Omega-3 Connected to Prostate Cancer


Researchers have discovered that the popular fatty acid used to fight heart disease is connected to men developing high-grade prostate cancer.

For years, experts hailed the consumption of omega-3 fatty acids as a possible deterrent against developing heart disease; but a recent study published in the April 25th issue of the American Journal of Epidemiology reveals that high levels of omega-3 can potentially damage the prostate.

Researchers at the Fred Hutchinson Cancer Research Center in Seattle, Washington, studied data collected from 3,400 men nationally who consumed omega-3 in their daily diet. The majority of the participants reportedly received their daily dose of omega-3 through the consumption of fish instead of supplements.

They ascertained that the men with the highest concentrations of docosahexaenoic acid (DHA) which can be found in types of omega-3 are 2.5 times more likely to suffer from an aggressive form of prostate cancer.

"We were stunned to see these results and we spent a lot of time making sure the analyses were correct," said Theodore Brasky, leader of the study and a research fellow at the Cancer Prevention Program at Huthchinson. "Our findings turn what we know—or rather what we think we know—about diet, inflammation and the development of prostate cancer on its head."

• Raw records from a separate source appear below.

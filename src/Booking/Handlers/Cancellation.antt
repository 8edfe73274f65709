-- ===== src/Booking/Handlers/Cancellation.antt =====
-- CancelBooking of services/booking-service/internal/service/booking_service_impl.go, with the call of
-- payment-service, keeps the counters in agreement with the bookings.
use tissi_mah.Prelude.{
  ℤ, String, str_eq, false, not, ◌&&◌, ◌||◌, Option, none, some, ◌≡◌, ap, ◌∙◌, if_rule, if_cases,
}
use tissi_mah.Prelude.Result.{Result, ok, err}
use tissi_mah.Booking.Domain.{Booking}
use tissi_mah.Booking.Store.{find_row}
use tissi_mah.Booking.Creation.{World}
use tissi_mah.Booking.Repository.Approval.{decide_approve, decide_reject, decide_cancel}
use tissi_mah.Booking.Repository.Approval
use tissi_mah.Booking.Handlers.{
  Reply, change_and_release, PaymentClient, payment_cancelled, cancel_read, cancel_booking,
  has_pending_payment,
}
use tissi_mah.Booking.Handlers.Balance.{
  InStep, cancel-Ends, change_and_release-InStep, read-InStep, given-InStep,
}

module _ (trip : String) (total last until : ℤ) where
  -- What CancelBooking relies on: payment-service keeps the counters in agreement with the bookings, and
  -- changes no booking unless it answers that the payment is held.
  abbrev Untouched : World → Result String String × World → Type 0
  Untouched w (err e, w') = Unit
  Untouched w (ok status, w') =
      str_eq status "held" ≡ false → w'.db.tables.bookings ≡ w.db.tables.bookings

  abbrev pub IsSteady : Option PaymentClient → Type 0
  IsSteady none = Unit
  IsSteady (some client) =
      (id : String) (w : World)
      → (InStep trip total last until w → InStep trip total last until (client id w).1)
        × Untouched w (client id w)

  -- CancelBooking keeps the counters in agreement.
  pub cancel_booking-InStep :
      (client : Option PaymentClient) (now : ℤ) (user id reason : String) (w : World)
      → IsSteady client
      → InStep trip total last until w
      → InStep trip total last until (cancel_booking client now user id reason w).1
  unfolding cancel_booking Approval.cancel
  cancel_booking-InStep client now user id reason w lawful h =
      given-InStep trip total last until (str_eq user "" || str_eq id "") w _ h (
        read-InStep trip total last until w (cancel_read client now user id reason) id
          (read client lawful) h)
    where
      cancel : Booking → World → Reply (Unit {0})
      cancel = change_and_release (Approval.cancel now id user reason)

      step :
          (b : Booking) (w' : World)
          → find_row id w'.db.tables.bookings ≡ some b
          → InStep trip total last until w'
          → InStep trip total last until
              (change_and_release (Approval.cancel now id user reason) b w').1
      step =
          change_and_release-InStep trip total last until now id (decide_cancel now id user reason)
            (cancel-Ends now id user reason)

      cancelled :
          (b : Booking) (w' : World) (reply : Result String String × World)
          → find_row id w'.db.tables.bookings ≡ some b
          → InStep trip total last until reply.1
          → Untouched w' reply
          → InStep trip total last until
              (payment_cancelled
                (change_and_release (Approval.cancel now id user reason))
                id
                b
                reply).1
      cancelled b w' (err e, w2) here k same = k
      cancelled b w' (ok status, w2) here k same =
          if_cases (λ (r : Reply (Unit {0})). InStep trip total last until r.1)
            (str_eq status "held")
            (λ _.
              read-InStep trip total last until w2
                (change_and_release (Approval.cancel now id user reason)) id step k)
            (λ other. step b w2 (ap (find_row id) (same other) ∙ here) k)

      read :
          (client : Option PaymentClient)
          → IsSteady client
          → (b : Booking) (w' : World) → find_row id w'.db.tables.bookings ≡ some b
          → InStep trip total last until w'
          → InStep trip total last until (cancel_read client now user id reason b w').1
      read none lawful b w' here k = step b w' here k
      read (some client) lawful b w' here k =
          let law = lawful id w' in
          if_rule (λ (r : Reply (Unit {0})). InStep trip total last until r.1)
            (has_pending_payment b)
            (if_rule (λ (r : Reply (Unit {0})). InStep trip total last until r.1)
              (not (str_eq user b.passenger_id) && not (str_eq user b.driver_id)) k
              (cancelled b w' (client id w') here (law.0 k) law.1))
            (step b w' here k)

Additionally, the study discovered another surprising statistic: men possessing the highest blood ratios of trans-fatty acids—found typically in processed foods containing partially hydrogenated vegetable oil and know for causing inflammation and heart disease—actually had a reduced risk of developing high-grade prostate cancer; their chances were reduced by about 50 percent.

The study acknowledged that neither the omega-3 fatty acids nor trans-fatty acids were found to correlate with the risk of developing low-grade prostate cancer risk.

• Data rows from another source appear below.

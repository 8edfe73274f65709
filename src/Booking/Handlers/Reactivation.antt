-- ===== src/Booking/Handlers/Reactivation.antt =====
-- reserveSeatsForReactivation of services/booking-service/internal/service/booking_service_impl.go takes
-- the seats of a booking again, or leaves the counters in agreement with the bookings.
use mathlib.Core.Path.{subst}
use tissi_mah.Prelude.{
  ℤ, pos, ◌+ℤ◌, ◌-ℤ◌, ltb_ℤ, eqb_ℤ, String, str_eq, eq_iff, Bool, true, false, not, ◌&&◌, Option,
  none, some, List, [], ◌∷◌, ◌≡◌, refl, sym, ap, ◌∙◌, if_rule, if_cases, Bool-cases, inl, inr,
  eqb_ℤ→eq, and_left, and_right,
}
use tissi_mah.Prelude.Result.{Result, ok, err, next_call}
use tissi_mah.Booking.Domain.{Booking, Error}
use tissi_mah.Booking.Store.{Db}
use tissi_mah.Booking.Seats.{
  Counters, has_passed, seat_counter_ttl, put_expiring, Redis, CacheError, each_leg, legs, put,
  set_absent, segment_occupancy, covers, reserve_segment_seats, reserve_segment_seats_script,
  init_segment_seat_counters,
}
use tissi_mah.Booking.Seats.Reservation.{
  Updated, ReserveOutcome, reserve_segment_seats-Outcome, restore-Updated, add_back,
}
use tissi_mah.Booking.Seats.Balance.{Balanced}
use tissi_mah.Booking.Request.{TripDetails}
use tissi_mah.Booking.Waypoints.{get_max_waypoint_order}
use tissi_mah.Booking.Creation.{World, has_active_booking}
use tissi_mah.Booking.Handlers.{
  Reply, released, seats_taken, counters_ready, take_seats, if_not_rebooked,
  reserve_seats_for_reactivation,
}
use tissi_mah.Booking.Handlers.Balance.{Agrees, IsCalm, as_calm, restore-IsCalm, after}

-- a command for each leg, none of which fails
each_leg_keeps :
    (P : Redis → Type 0) (write : ℤ → Redis → Redis)
    → ((k : ℤ) (r : Redis) → P r → P (record (write k r) { faults = [] }))
    → (orders : List ℤ) (r : Redis) → P (record r { faults = [] })
    → let reply = each_leg write orders (record r { faults = [] }) in (reply.0 ≡ ok tt) × P reply.1
each_leg_keeps P write keeps [] r h = (refl, h)
each_leg_keeps P write keeps (k ∷ ks) r h =
    each_leg_keeps P write keeps ks (write k (record r { faults = [] }))
      (keeps k (record r { faults = [] }) h)

module _ (trip : String) (total last until : ℤ) (rows : List Booking) where
  put_absent :
      (t : String) (n k k' : ℤ) (c d : Counters)
      → c t k ≡ none
      → covers (pos 1) last k' ≡ true
      → Balanced trip total last c rows
      → put t k n d trip k' ≡ d trip k'
  put_absent t n k k' c d absent inside h =
      if_cases (λ (o : Option ℤ). o ≡ d trip k') (str_eq trip t && eqb_ℤ k' k)
        (λ same.
          let of_trip = (eq_iff trip t).0 (and_left (str_eq trip t) _ same) in
          let of_leg = eqb_ℤ→eq k' k (and_right (str_eq trip t) _ same) in
          let here : c trip k' ≡ none = rw (of_trip, of_leg) absent in
          let f : none ≡ some (total -ℤ segment_occupancy trip k' rows) = sym here ∙ h k' inside in
          cc)
        (λ _. refl)

  set_absent_keeps :
      (t : String) (n k : ℤ) (r : Redis)
      → Agrees trip total last until rows (some r)
      → Agrees trip total last until rows (some (record (set_absent t n k r) { faults = [] }))
  set_absent_keeps t n k r h = by_counter (r.counters t k) refl
    where
      by_counter :
          (o : Option ℤ)
          → r.counters t k ≡ o
          → Agrees trip total last until rows
              (some (record (elim o [ some _ ↦ r | none ↦ put_expiring t k n r ]) { faults = [] }))
      by_counter (some x) e = ((refl, h.0.1), h.1)
      by_counter none e = (
        (
          refl,
          λ k' inside.
              ap (has_passed until) (
                put_absent t (r.clock +ℤ seat_counter_ttl) k k' r.counters r.deadlines e inside h.1)
              ∙ h.0.1 k' inside,
        ),
        λ k' inside. put_absent t n k k' r.counters r.counters e inside h.1 ∙ h.1 k' inside,
      )

  -- the cache after a reservation for `b`, or as it was
  abbrev pub HeldFor : Booking → Option Redis → Type 0
  HeldFor b none = Unit
  HeldFor b (some r) =
      IsCalm trip last until r
      × (before : Counters) × Balanced trip total last before rows
      × Updated b.trip_id b.pickup_sequencer_order b.dropoff_sequencer_order
          (λ s. s -ℤ b.seats_booked) before r.counters

  reserve-IsCalm :
      (t : String) (p d n : ℤ) (r : Redis)
      → IsCalm trip last until r
      → IsCalm trip last until (reserve_segment_seats t p d n (record r { faults = [] })).1
  unfolding reserve_segment_seats reserve_segment_seats_script
  reserve-IsCalm t p d n r h =
      if_rule (λ (x : Result CacheError (Unit {0}) × Redis). IsCalm trip last until x.1) (ltb_ℤ d p)
        (refl, h.1)
        (if_rule (λ (x : Result CacheError (Unit {0}) × Redis). IsCalm trip last until x.1)
          (reserve_segment_seats_script t n (legs p d) r.counters).0 (refl, h.1) (refl, h.1))

  -- What the reservation for a late payment leaves: an error, and the counters in agreement, or the seats.
  abbrev pub Reserved : Booking → Db → Reply (Unit {0}) → Type 0
  Reserved b db (err e, w) = (w.db.tables ≡ db.tables) × Agrees trip total last until rows w.cache
  Reserved b db (ok _, w) = (w.db.tables ≡ db.tables) × HeldFor b w.cache

  seats_taken-Reserved :
      (b : Booking) (w : World) (r : Redis) (reply : Result CacheError (Unit {0}) × Redis)
      → Balanced trip total last r.counters rows
      → IsCalm trip last until reply.1
      → ReserveOutcome b.trip_id b.pickup_sequencer_order b.dropoff_sequencer_order b.seats_booked r
          reply
      → Reserved b w.db (seats_taken w reply)
  seats_taken-Reserved b w r (ok _, r') h calm o = (refl, (calm, r.counters, h, o.1))
  seats_taken-Reserved b w r (err CacheError.no_seats_available, r') h calm o =
      (refl, (calm, subst (λ c. Balanced trip total last c rows) (sym o.1) h))
  seats_taken-Reserved b w r (err CacheError.command_failed, r') h calm o =
      (refl, (calm, subst (λ c. Balanced trip total last c rows) (sym o) h))
  seats_taken-Reserved b w r (err CacheError.panicked, r') h calm o =
      (refl, (calm, subst (λ c. Balanced trip total last c rows) (sym o.1) h))

  counters_ready-Reserved :
      (b : Booking) (details : TripDetails) (w : World)
      (reply : Result CacheError (Unit {0}) × Redis)
      → reply.0 ≡ ok tt
      → Agrees trip total last until rows (some reply.1)
      → Reserved b w.db (counters_ready b details w reply)
  counters_ready-Reserved b details w (err e, r) done h = cc
  counters_ready-Reserved b details w (ok _, r) done h =
      seats_taken-Reserved b w r
        (reserve_segment_seats b.trip_id b.pickup_sequencer_order b.dropoff_sequencer_order
          b.seats_booked r)
        h.1
        (subst
          (λ (x : Redis).
            IsCalm trip last until
              (reserve_segment_seats b.trip_id b.pickup_sequencer_order b.dropoff_sequencer_order
                b.seats_booked x).1)
          (sym (as_calm r h.0.0))
          (reserve-IsCalm b.trip_id b.pickup_sequencer_order b.dropoff_sequencer_order
            b.seats_booked r h.0))
        (reserve_segment_seats-Outcome b.trip_id b.pickup_sequencer_order b.dropoff_sequencer_order
          b.seats_booked r)

  take_seats-Reserved :
      (b : Booking) (details : TripDetails) (w : World) (cache : Option Redis)
      → w.cache ≡ cache
      → Agrees trip total last until rows cache
      → Reserved b w.db (take_seats b details w cache)
  unfolding init_segment_seat_counters
  take_seats-Reserved b details w none same h =
      if_rule (Reserved b w.db) (ltb_ℤ details.available_seats b.seats_booked) (refl, rw same tt)
        (refl, rw same tt)
  take_seats-Reserved b details w (some r) same h =
      let kept =
        each_leg_keeps (λ x. Agrees trip total last until rows (some x))
          (set_absent b.trip_id details.total_seats)
          (set_absent_keeps b.trip_id details.total_seats)
          (legs (pos 1) (get_max_waypoint_order details.waypoints)) r ((refl, h.0.1), h.1) in
      subst (λ (x : Redis). Reserved b w.db (take_seats b details w (some x)))
        (sym (as_calm r h.0.0))
        (counters_ready-Reserved b details w
          (each_leg (set_absent b.trip_id details.total_seats)
            (legs (pos 1) (get_max_waypoint_order details.waypoints)) (record r { faults = [] }))
          kept.0 kept.1)

  if_not_rebooked-Reserved :
      (b : Booking) (details : TripDetails) (w : World) (reply : Result Error Bool × Db)
      → reply.1.tables ≡ w.db.tables
      → Agrees trip total last until rows w.cache
      → Reserved b w.db (if_not_rebooked b details w reply)
  if_not_rebooked-Reserved b details w (err e, db) same h = (same, h)
  if_not_rebooked-Reserved b details w (ok true, db) same h = (same, h)
  if_not_rebooked-Reserved b details w (ok false, db) same h =
      moved b db w.db same (take_seats b details (record w { db = db }) w.cache)
        (take_seats-Reserved b details (record w { db = db }) w.cache refl h)
    where
      moved :
          (b : Booking) (db db0 : Db)
          → db.tables ≡ db0.tables
          → (r : Reply (Unit {0})) → Reserved b db r
          → Reserved b db0 r
      moved b db db0 same (err e, w') k = (k.0 ∙ same, k.1)
      moved b db db0 same (ok _, w') k = (k.0 ∙ same, k.1)

  pub reactivation-Reserved :
      (b : Booking) (details : Option TripDetails) (w : World)
      → Agrees trip total last until rows w.cache
      → Reserved b w.db (reserve_seats_for_reactivation b details w)
  unfolding reserve_seats_for_reactivation
  reactivation-Reserved b none w h = (refl, h)
  reactivation-Reserved b (some details) w h =
      if_rule (Reserved b w.db)
        (not (str_eq details.status "scheduled") && not (str_eq details.status "inProgress"))
        (refl, h)
        (if_not_rebooked-Reserved b details w (has_active_booking b.passenger_id b.trip_id w.db)
          (if_rule (λ (r : Result Error Bool × Db). r.1.tables ≡ w.db.tables)
            (next_call w.db.faults).0 refl refl)
          h)

  -- seats that are given back after a write that failed
  given_back_seats :
      (b : Booking) (before held later : Counters)
      → Balanced trip total last before rows
      → Updated b.trip_id b.pickup_sequencer_order b.dropoff_sequencer_order
          (λ s. s -ℤ b.seats_booked)
          before
          held
      → Updated b.trip_id b.pickup_sequencer_order b.dropoff_sequencer_order
          (λ s. s +ℤ b.seats_booked)
          held
          later
      → Balanced trip total last later rows
  given_back_seats b before held later h low high k i =
      elim (Bool-cases
        (str_eq trip b.trip_id && covers b.pickup_sequencer_order b.dropoff_sequencer_order k)) [
          | inl inside ↦
              rw (high trip k, inside, low trip k, inside, h k i)
                (ap some (add_back (total -ℤ segment_occupancy trip k rows) b.seats_booked))
          | inr outside ↦ rw (high trip k, outside, low trip k, outside) (h k i)
        ]

  pub HeldFor-released :
      (b : Booking) (cache : Option Redis)
      → HeldFor b cache
      → Agrees trip total last until rows (released b cache)
  HeldFor-released b none h = tt
  HeldFor-released b (some r) (calm, before, balanced, low) =
      subst (λ (x : Redis). Agrees trip total last until rows (released b (some x)))
        (sym (as_calm r calm.0))
        (
          restore-IsCalm trip last until b r calm,
          given_back_seats b before r.counters (after b r).counters balanced low (
              restore-Updated b.trip_id b.pickup_sequencer_order b.dropoff_sequencer_order
                b.seats_booked r r.counters),
        )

The research team stated that, while they were initially surprised by the results of their research, their findings show the “complexity of nutrition and its impact on disease risk, and that we should study such associations rigorously, rather than make assumptions.”

Brasky added, "Overall, the beneficial effects of eating fish to prevent heart disease outweigh any harm related to prostate cancer risk," and suggested that men who are at risk of developing heart disease should maintain the practice of eating fish or consuming supplements of omega-3 fatty acids as a part of their diet.

The reasoning of why omega-3 has such a risk of raising the risk of developing high-grade prostate cancer is unknown. "Besides inflammation, omega-3 fats affect other biologic processes,” said Brasky. “It may be that these mechanisms play a greater role in the development of certain prostate cancers. This is certainly an area that needs more research."